The final gradient of F_n(p) = X_2(f_n(p)) is now another chain rule. Each entry reads as
(\nabla F_n(p))_i = -\frac{2(y-f_n(p))}{\sigma^2}(\nabla f_n(p))_i

if one implements these step-by-step (gn, grad_gn, fn, grad_fn) the gradient is given in closed form.
The only warning on this is, that the computation was done after sundown (and not yet in December where that is 2pm here in Trondheim, but more like 9pm).

edit: If one has multiple data x_j,y_j,\sigma_j and performs this X_2 element wise and sums that, the overall gradient is the sum of the single ones \nabla F_{n,x_j,y_j,\sigma_j}(p).

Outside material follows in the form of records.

-- ===== src/Db/Board/Pages.antt =====
-- The lists of boards for viewers, and their filter: crates/paavo-db/src/board.rs.
use paavo.Prelude.{
  ℕ, ◌≡◌, refl, sym, ap, ◌∙◌, subst, ◌↔◌, ◌⊎◌, inl, inr, ltb, leb, Bool, true, false, ◌&&◌, ◌||◌,
  Option, none, some, List, [], ◌∷◌, take, drop, take_all, Memᴰ, arith, Text, codes, trim,
  if◌then◌else◌, rows_where, count_where, mem-rows_where, mem-rows_where_of, length-rows_where,
  length, Bool-cases,
}
use paavo.Prelude.Sort.{sort_by, mem-sort_by, mem-sort_by_of, length-sort_by}
use paavo.Proto.Board.{is_healthy}
use paavo.Db.Store.{Database, BoardRow, Result, ok, decode_all}
use paavo.Db.Decode.{decode_all-eq, Board-from_row_same}
use paavo.Db.Board.{from_row, id_leb}
use paavo.Db.Like.{like}
use paavo.Db.Like.Literal.{substring_pattern, Holds, like-substring_pattern}

-- `trim`, and a blank filter is none.
abbrev pub unless_empty : Text → Option Text
unless_empty [] = none
unless_empty (c ∷ s) = some (c ∷ s)

unfoldable pub needle : Option Text → Option Text
unfolding trim
needle none = none
needle (some filter) = unless_empty (trim filter)

-- `id LIKE ?1 ESCAPE '\' OR kind LIKE ?1 ESCAPE '\'`
abbrev pub fits_filter : Option Text → BoardRow → Bool
fits_filter none row = true
fits_filter (some q) row =
    like (substring_pattern q) (codes row.spec.id)
    || like (substring_pattern q) (codes row.spec.kind)

unfoldable pub list_page : Option Text → ℕ → ℕ → Database → Result (List BoardRow)
unfolding from_row needle like
list_page filter offset limit db =
    decode_all from_row (
      take limit
        (drop offset (sort_by id_leb (rows_where (fits_filter (needle filter)) db.boards))))

unfoldable pub count : Option Text → Database → ℕ
unfolding needle like
count filter db = count_where (fits_filter (needle filter)) db.boards

-- `last_used_at DESC`, where NULL comes last, and then `id ASC`.
abbrev pub used_leb : Option ℕ → Option ℕ → Bool → Bool
used_leb none none tie = tie
used_leb none (some b) tie = false
used_leb (some a) none tie = true
used_leb (some a) (some b) tie = ltb b a || (leb b a && tie)

abbrev pub dashboard_leb : BoardRow → BoardRow → Bool
dashboard_leb a b =
    let rest = used_leb a.last_used_at b.last_used_at (id_leb a b) in
    if is_healthy a.spec.health
    then is_healthy b.spec.health && rest
    else is_healthy b.spec.health || rest

unfoldable pub list_dashboard : ℕ → Database → Result (List BoardRow)
unfolding from_row
list_dashboard limit db = decode_all from_row (take limit (sort_by dashboard_leb db.boards))

-- A board is listed under a filter if the trimmed filter stands in its id or its kind.
abbrev pub IsListed : Option Text → BoardRow → Type 0
IsListed none row = Unit
IsListed (some q) row = Holds q (codes row.spec.id) ⊎ Holds q (codes row.spec.kind)

fits_filter→IsListed :
    (q : Option Text) (row : BoardRow) → fits_filter q row ≡ true → IsListed q row
fits_filter→IsListed none row h = tt
fits_filter→IsListed (some q) row h =
    elim (Bool-cases (like (substring_pattern q) (codes row.spec.id))) [
      | inl in_id ↦ inl ((like-substring_pattern q (codes row.spec.id)).0 in_id)
      | inr other ↦
          inr ((like-substring_pattern q (codes row.spec.kind)).0 (ground (arith, h, other)))
    ]

IsListed→fits_filter :
    (q : Option Text) (row : BoardRow) → IsListed q row → fits_filter q row ≡ true
IsListed→fits_filter none row h = refl
IsListed→fits_filter (some q) row (inl h) =
    let e = (like-substring_pattern q (codes row.spec.id)).1 h in ground (arith, e)
IsListed→fits_filter (some q) row (inr h) =
    let e = (like-substring_pattern q (codes row.spec.kind)).1 h in ground (arith, e)

-- When the whole list of boards under a filter can be read, it is as long as the count says and
-- holds exactly the boards whose id or kind holds the trimmed filter up to the case of letters,
-- wildcards taken as they are, and all boards if the filter is blank.
pub list_page-mem :
    (filter : Option Text) (db : Database) {rows : List BoardRow}
    → list_page filter 0 (count filter db) db ≡ ok rows
    → (length rows ≡ count filter db)
      × ((row : BoardRow) → Memᴰ row rows ↔ (Memᴰ row db.boards × IsListed (needle filter) row))
unfolding list_page count
list_page-mem filter db {rows} h =
    let fitting = rows_where (fits_filter (needle filter)) db.boards in
    let len : length (sort_by id_leb fitting) ≡ count filter db =
      length-sort_by id_leb fitting ∙ length-rows_where (fits_filter (needle filter)) db.boards in
    let same : rows ≡ sort_by id_leb fitting =
      decode_all-eq from_row Board-from_row_same _ rows h
      ∙ take_all (count filter db) (sort_by id_leb fitting) (omega (arith, len)) in
    (
      ap length same ∙ len,
      λ row. (
        λ m.
            let (n, t) =
              mem-rows_where (fits_filter (needle filter)) db.boards
                (mem-sort_by id_leb fitting (subst (Memᴰ row) same m)) in
            (n, fits_filter→IsListed (needle filter) row t),
        λ (m, listed). subst (Memᴰ row) (sym same) (
            mem-sort_by_of id_leb fitting (
              mem-rows_where_of (fits_filter (needle filter)) db.boards m
                (IsListed→fits_filter (needle filter) row listed))),
      ),
    )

edit2: The first few things I missed is, that when 0<x<1 and numerically p_2<0 this all does not work.

2 Likes

thanks for the insight, so if I updated your code to increase iterations to 10^5:

    return Optim.optimize(F, p0, LBFGS(), Optim.Options(;iterations=10^5); autodiff=:forward)

I get

Status: failure (line search failed)

 * Candidate solution
    Final objective value:     9.802206e+01

 * Found with
    Algorithm:     L-BFGS

btw, even with more iterations, the result from NelderMead and LBFGS don’t converge:

function optim_fit2(func::T, xs, ys, σs, p0; algo = LBFGS()) where T
    F = function (p)
        cs = func(xs, p)
        return chi2(ys, cs, σs)
    end

    return Optim.optimize(F, p0, algo, Optim.Options(;iterations=5000); autodiff=:forward)
end

sol_nm = optim_fit2(ATLAS_f_6p, xs, ys, sigmas, p0_6para; algo = NelderMead())
sol_lbfgs = optim_fit2(ATLAS_f_6p, xs, ys, sigmas, p0_6para; algo = LBFGS())


julia> sol_nm.minimum, sol_lbfgs.minimum
(98.51662613370482, 98.0220580738921)

julia> sol_nm.minimizer, sol_lbfgs.minimizer
([0.014343016762772673, 0.36918264249014077, 0.08258611548972156, -0.019076422764126248, -0.31125906069802134, -0.044992442492889535], [11207.052120386572, -913.9928401545511, 165.74801872441768, 91.61206638696663, 17.418590874571905, 1.1299718078901382])

if we use BFGS + stopping criteria from Connection between BFGS and ROOT.Minuit. Stopping criteria - #4 by Yuan-Ru-Lin

which is yet another set of minimizer

julia> sol_lbfgs.minimizer |> print
[3.724592263478385, 0.7652684260382869, 4.556910181502994, 1.2983875079831064, -0.1450263191617602, -0.037556051055012134]

I think this is consistent with what @ChrisRackauckas said about the line search in Optim is “bad” (not sure what it means exactly).

yeah, I’m okay with Optimization.LBFGS() fails I guess, but right now Optim.LBFGS() also fails when used from Optimization.jl which is not ideal.